Optic disc pit (ODP) is a rare congenital anomaly of the optic disc which is usually unilateral and sporadic. It can lead to visual impairment secondary to ODP maculopathy characterised by intraretinal and subretinal fluid collection at macula with no known trigger factors. We came across a case of ODP maculopathy being misdiagnosed and mistreated as chronic CSR which led us to review the advances in its diagnosis and management as ODP maculopathy left untreated carries poor prognosis. Its management remains challenging as there are no clear guidelines and multiple modalities are available.
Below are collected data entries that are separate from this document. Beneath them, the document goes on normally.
-- ===== src/Dispatcher/Registry/Invariant.antt =====
-- dispatcher.go, the `Register…` methods: what holds of the consumers of every queue, after any
-- calls.
use bunmq.Base.{
  String, true, false, ◌≡◌, ◌≢◌, refl, sym, ap, subst, ◌∙◌, ◌⊎◌, inl, inr, Option, none, some, List,
  [], ◌∷◌, ◌++◌, ◌==◌, eq_iff, arith, if◌then◌else◌, Bool-cases,
}
use bunmq.Base.Dict.{lookup-insert}
use bunmq.Base.Lists.{All, All-append, All-imp}
use bunmq.Errors.{Error}
use bunmq.Queue.{QueueDefinition}
use bunmq.Dispatcher.{
  ConsumerDefinitionType, by_type, by_exchange, by_routing_key, by_exchange_routing_key, unknown,
  IsKnown, ConsumerDefinition, Dispatcher, new_dispatcher,
}
use bunmq.Dispatcher.Registry.{consumers_of, has_type, has_queue, append_consumer}
use bunmq.Dispatcher.Registry.Append.{
  Registration, register, IsKeyed, IsConsumer, IsAccepted, Registers, register-Registers,
}

keyed-IsKnown : (t : ConsumerDefinitionType) (x r : String) → IsKeyed t x r → IsKnown t
keyed-IsKnown by_type x r h = tt
keyed-IsKnown by_exchange x r h = tt
keyed-IsKnown by_routing_key x r h = tt
keyed-IsKnown by_exchange_routing_key x r h = tt
keyed-IsKnown (unknown n) x r h = h

module _ {W Payload : Type 0} where
  -- A consumer behind another may share its message type only if it is matched by exchange and
  -- routing key.
  abbrev pub MayFollow : ConsumerDefinition W Payload → ConsumerDefinition W Payload → Type 0
  MayFollow b c = (c.typ ≡ by_exchange_routing_key) ⊎ (c.msg_type ≢ b.msg_type)

  abbrev pub IsDistinct : List (ConsumerDefinition W Payload) → Type 0
  IsDistinct [] = Unit
  IsDistinct (c ∷ cs) = All (MayFollow c) cs × IsDistinct cs

  -- The consumers that a dispatcher keeps for a queue.
  pub record IsValidAt (k : String) (d : Dispatcher W Payload) : Type 0 where
    pub consumers : All (IsConsumer k) (consumers_of k d)
    pub distinct : IsDistinct (consumers_of k d)
    pub defined : (consumers_of k d ≡ []) ⊎ (has_queue k d ≡ true)

  abbrev pub IsValid : Dispatcher W Payload → Type 0
  IsValid d = (k : String) → IsValidAt k d

  not_taken :
      (c : ConsumerDefinition W Payload) (cs : List (ConsumerDefinition W Payload))
      → (c.typ ≡ by_exchange_routing_key) ⊎ (has_type c.msg_type cs ≡ false)
      → All (λ b. MayFollow b c) cs
  not_taken c [] h = tt
  not_taken c (b ∷ cs) h = ground (arith, eq_iff b.msg_type c.msg_type, not_taken c cs)

  IsDistinct-concat :
      (cs : List (ConsumerDefinition W Payload)) (c : ConsumerDefinition W Payload)
      → IsDistinct cs
      → All (λ b. MayFollow b c) cs
      → IsDistinct (cs ++ c ∷ [])
  IsDistinct-concat [] c h k = (tt, tt)
  IsDistinct-concat (b ∷ cs) c h k =
      (All-append (MayFollow b) cs (c ∷ []) h.0 (k.0, tt), IsDistinct-concat cs c h.1 k.1)

  consumers_of-append_consumer :
      (k : String) (c : ConsumerDefinition W Payload) (d : Dispatcher W Payload)
      → consumers_of k (append_consumer c d)
        ≡ (if c.queue == k then consumers_of c.queue d ++ c ∷ [] else consumers_of k d)
  consumers_of-append_consumer k c d =
      ground
        (arith, lookup-insert c.queue k (consumers_of c.queue d ++ c ∷ []) d.consumers_definition)

  append-IsValidAt :
      (k : String) (c : ConsumerDefinition W Payload) (d : Dispatcher W Payload)
      → IsValidAt k d
      → IsAccepted d c
      → IsValidAt k (append_consumer c d)
  append-IsValidAt k c d v a = elim (Bool-cases (c.queue == k)) [
    | inr other ↦
        let e : consumers_of k (append_consumer c d) ≡ consumers_of k d =
          rw other at (consumers_of-append_consumer k c d) in
        record {
          consumers = rw e v.consumers;
          distinct = rw e v.distinct;
          defined = rw e v.defined;
        }
    | inl same ↦
        let p : c.queue ≡ k = (eq_iff c.queue k).0 same in
        let e : consumers_of k (append_consumer c d) ≡ consumers_of k d ++ c ∷ [] =
          rw same at (consumers_of-append_consumer k c d)
          ∙ ap (λ x. consumers_of x d ++ c ∷ []) p in
        record {
          consumers = rw e (
              All-append (IsConsumer k) _ (c ∷ []) v.consumers
                (subst (λ x. IsConsumer x c) p a.consumer, tt));
          distinct = rw e (
              IsDistinct-concat _ c v.distinct (
                subst (λ x. All (λ b. MayFollow b c) (consumers_of x d)) p
                  (not_taken c _ a.fresh)));
          defined = inr (subst (λ x. has_queue x d ≡ true) p a.queue_known);
        }
  ]

  register-IsValidAt :
      (k : String) (d : Dispatcher W Payload) (r : Option Error × Dispatcher W Payload)
      → Registers d r
      → IsValidAt k d
      → IsValidAt k r.1
  register-IsValidAt k d (some e, d') same v = subst (IsValidAt k) (sym same) v
  register-IsValidAt k d (none, d') (c, a, e) v =
      subst (IsValidAt k) (sym e) (append-IsValidAt k c d v a)

  -- A program's calls, whose errors it may ignore.
  unfoldable pub register_all :
      List (Registration W Payload) → Dispatcher W Payload → Dispatcher W Payload
  register_all [] d = d
  register_all (call ∷ calls) d = register_all calls (register call d).1

  new_dispatcher-IsValid : (qs : List QueueDefinition) → IsValid (new_dispatcher qs)
  unfolding new_dispatcher
  new_dispatcher-IsValid qs k = record { consumers = tt; distinct = tt; defined = inl refl }

  register_all-keeps :
      (calls : List (Registration W Payload)) (d : Dispatcher W Payload)
      → IsValid d
      → IsValid (register_all calls d)
  unfolding register_all
  register_all-keeps [] d v = v
  register_all-keeps (call ∷ calls) d v =
      register_all-keeps calls (register call d).1
        (λ k. register-IsValidAt k d (register call d) (register-Registers call d) (v k))

  -- After any calls of the methods on a new dispatcher, failed ones included, every consumer that
  -- is kept for a queue names that queue, is of one of the four kinds, with the keys of its kind
  -- not empty, and has its reflected type's name as its message type; the queue has a definition
  -- if it has a consumer; and a consumer that is not matched by exchange and routing key shares
  -- its message type with none before it.
  pub register_all-IsValid :
      (qs : List QueueDefinition) (calls : List (Registration W Payload))
      → IsValid (register_all calls (new_dispatcher qs))
  register_all-IsValid qs calls =
      register_all-keeps calls (new_dispatcher qs) (new_dispatcher-IsValid qs)

  -- Every consumer of a valid dispatcher is of a known kind, as the choice of a consumer needs.
  pub valid-IsKnown :
      (k : String) (d : Dispatcher W Payload)
      → IsValidAt k d
      → All (λ c. IsKnown c.typ) (consumers_of k d)
  valid-IsKnown k d v =
      All-imp (λ c h. keyed-IsKnown c.typ c.exchange c.routing_key h.keyed) _ v.consumers
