-- ===== src/Dispatcher/Select/FirstMatch.antt =====
-- dispatcher.go, `evaluateDefByReceivedMsg`: the consumer that is chosen is the first that matches.
use bunmq.Base.{
  String, true, false, ◌≡◌, refl, sym, ◌∙◌, ◌↔◌, ap, ◌⊎◌, inl, inr, none, some, List, [], ◌∷◌, ◌++◌,
  eq_iff, arith,
}
use bunmq.Base.Lists.{All, All-left, All-right}
use bunmq.Errors.{Error, ok, err}
use bunmq.Queue.{QueueDefinition}
use bunmq.Dispatcher.{
  ConsumerDefinitionType, by_type, by_exchange, by_routing_key, by_exchange_routing_key, unknown,
  IsKnown, DeliveryMetadata, ConsumerDefinition, Dispatcher,
}
use bunmq.Dispatcher.Registry.{consumers_of}
use bunmq.Dispatcher.Select.{unknown_type, case_of, select_from, evaluate_def_by_received_msg}

-- What a kind of consumer asks of a message.
abbrev Asks : ConsumerDefinitionType → (t x r : String) → DeliveryMetadata → Type 0
Asks by_type t x r md = t ≡ md.typ
Asks by_exchange t x r md = x ≡ md.origin_exchange
Asks by_routing_key t x r md = r ≡ md.routing_key
Asks by_exchange_routing_key t x r md = (x ≡ md.origin_exchange) × (r ≡ md.routing_key)
Asks (unknown n) t x r md = ⊥

module _ {W Payload : Type 0} where
  abbrev pub Matches : DeliveryMetadata → ConsumerDefinition W Payload → Type 0
  Matches md c = Asks c.typ c.msg_type c.exchange c.routing_key md

  -- `cs` splits at its first match, `c`.
  pub record IsFirstMatch (md : DeliveryMetadata) (cs : List (ConsumerDefinition W Payload))
      (c : ConsumerDefinition W Payload) : Type 0 where
    pub before : List (ConsumerDefinition W Payload)
    pub after : List (ConsumerDefinition W Payload)
    pub splits : cs ≡ before ++ c ∷ after
    pub misses : All (λ b. ¬ Matches md b) before
    pub matches : Matches md c

  case-Asks :
      (k : ConsumerDefinitionType) (c : ConsumerDefinition W Payload) (md : DeliveryMetadata)
      → ((case_of k c md ≡ some true) × Asks k c.msg_type c.exchange c.routing_key md)
        ⊎ ((case_of k c md ≡ some false)
            × (¬ Asks k c.msg_type c.exchange c.routing_key md)
            × IsKnown k)
        ⊎ ((case_of k c md ≡ none) × (¬ IsKnown k))
  case-Asks by_type c md = ground (arith, eq_iff c.msg_type md.typ)
  case-Asks by_exchange c md = ground (arith, eq_iff c.exchange md.origin_exchange)
  case-Asks by_routing_key c md = ground (arith, eq_iff c.routing_key md.routing_key)
  case-Asks by_exchange_routing_key c md =
      ground (arith, eq_iff c.exchange md.origin_exchange, eq_iff c.routing_key md.routing_key)
  case-Asks (unknown n) c md = inr (inr (refl, λ k. k))

  -- One round of the loop over the definitions.
  select_step :
      (q : String) (c : ConsumerDefinition W Payload) (cs : List (ConsumerDefinition W Payload))
      (md : DeliveryMetadata)
      → ((select_from q (c ∷ cs) md ≡ ok c) × Matches md c)
        ⊎ ((select_from q (c ∷ cs) md ≡ select_from q cs md) × (¬ Matches md c) × IsKnown c.typ)
        ⊎ ((e : Error) × (select_from q (c ∷ cs) md ≡ err e) × (¬ IsKnown c.typ))
  unfolding select_from
  select_step q c cs md = elim (case-Asks c.typ c md) [
    | inl (hit, asks) ↦ inl (ground arith, asks)
    | inr (inl (miss, differs, known)) ↦ inr (inl (ground arith, differs, known))
    | inr (inr (odd, unk)) ↦ inr (inr (unknown_type c.typ, ground arith, unk))
  ]

  IsFirstMatch-here :
      (md : DeliveryMetadata) (c b : ConsumerDefinition W Payload)
      (cs : List (ConsumerDefinition W Payload))
      → b ≡ c
      → Matches md b
      → IsFirstMatch md (b ∷ cs) c
  IsFirstMatch-here md c b cs e m = record {
    before = [];
    after = cs;
    splits = ap (λ x. x ∷ cs) e;
    misses = tt;
    matches = rw e at m;
  }

  IsFirstMatch-later :
      (md : DeliveryMetadata) (c b : ConsumerDefinition W Payload)
      (cs : List (ConsumerDefinition W Payload))
      → ¬ Matches md b
      → IsFirstMatch md cs c
      → IsFirstMatch md (b ∷ cs) c
  IsFirstMatch-later md c b cs n f = record {
    before = b ∷ f.before;
    after = f.after;
    splits = ap (λ xs. b ∷ xs) f.splits;
    misses = (n, f.misses);
    matches = f.matches;
  }

  select_from-first :
      (q : String) (cs : List (ConsumerDefinition W Payload)) (md : DeliveryMetadata)
      (c : ConsumerDefinition W Payload)
      → select_from q cs md ≡ ok c
      → IsFirstMatch md cs c
  unfolding select_from
  select_from-first q [] md c h = cc
  select_from-first q (b ∷ cs) md c h = elim (select_step q b cs md) [
    | inl (hit, asks) ↦ IsFirstMatch-here md c b cs (cc) asks
    | inr (inl (same, differs, known)) ↦
        IsFirstMatch-later md c b cs differs (select_from-first q cs md c (sym same ∙ h))
    | inr (inr (e, failed, unk)) ↦ cc
  ]

  select_from-finds :
      (q : String) (before : List (ConsumerDefinition W Payload)) (c : ConsumerDefinition W Payload)
      (after : List (ConsumerDefinition W Payload)) (md : DeliveryMetadata)
      → All (λ b. IsKnown b.typ) before
      → All (λ b. ¬ Matches md b) before
      → Matches md c
      → IsKnown c.typ
      → select_from q (before ++ c ∷ after) md ≡ ok c
  select_from-finds q [] c after md k n m kc = elim (select_step q c after md) [
    | inl (hit, asks) ↦ hit
    | inr (inl (same, differs, known)) ↦ absurd (differs m)
    | inr (inr (e, failed, unk)) ↦ absurd (unk kc)
  ]
  select_from-finds q (b ∷ before) c after md k n m kc =
      elim (select_step q b (before ++ c ∷ after) md) [
        | inl (hit, asks) ↦ absurd (n.0 asks)
        | inr (inl (same, differs, known)) ↦
            same ∙ select_from-finds q before c after md k.1 n.1 m kc
        | inr (inr (e, failed, unk)) ↦ absurd (unk k.0)
      ]

  -- `evaluateDefByReceivedMsg` runs the loop over the queue's list, of which an empty one and a
  -- missing one alike give an error.
  evaluate-eq-select :
      (d : Dispatcher W Payload) (q : QueueDefinition) (md : DeliveryMetadata)
      (c : ConsumerDefinition W Payload)
      → (evaluate_def_by_received_msg d q md ≡ ok c)
        ↔ (select_from q.name (consumers_of q.name d) md ≡ ok c)
  unfolding evaluate_def_by_received_msg
  evaluate-eq-select d q md c = (λ h. ground arith, λ h. ground arith)

  -- A consumer of a known kind is chosen exactly if it is the first of the queue's consumers that
  -- matches the message, where every consumer of the queue is of a known kind.
  pub evaluate-first :
      (d : Dispatcher W Payload) (q : QueueDefinition) (md : DeliveryMetadata)
      (c : ConsumerDefinition W Payload)
      → All (λ b. IsKnown b.typ) (consumers_of q.name d)
      → (evaluate_def_by_received_msg d q md ≡ ok c) ↔ IsFirstMatch md (consumers_of q.name d) c
  evaluate-first d q md c k = (
    λ h. select_from-first q.name _ md c ((evaluate-eq-select d q md c).0 h),
    λ f.
        let k' : All (λ b. IsKnown b.typ) (f.before ++ c ∷ f.after) = rw f.splits at k in
        (evaluate-eq-select d q md c).1 (
          rw f.splits (
            select_from-finds q.name f.before c f.after md (All-left _ _ _ k') f.misses f.matches
              (All-right _ f.before _ k').0)),
  )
Although few cases of spontaneous resolution of maculopathy are reported in literature but current management of ODP maculopathy is surgical intervention. The most commonly performed surgery for ODP maculopathy is 23 G PPV, either alone or in combination with ILM peeling, gas tamponade or laser photocoagulation. Recent treatment modalities available are intravitreal gas tamponade, macular buckling, inner retinal fenestration, glial tissue removal and autologous fibrin. Prognosis is poor if multilayer intraretinal and subretinal fluid collection is seen on OCT while cases where fluid don’t reach to macular arcade vessels have better anatomical and visual outcomes. Even though there are many recent advances in the diagnosis and management of disease, management remains challenging as there are no comparative studies of different therapeutic modalities and their success rate, related to the anatomical and functional outcomes. This review discusses the literature on possible pathogenesis of ODP maculopathy as well as the recent advances in its diagnosis and management.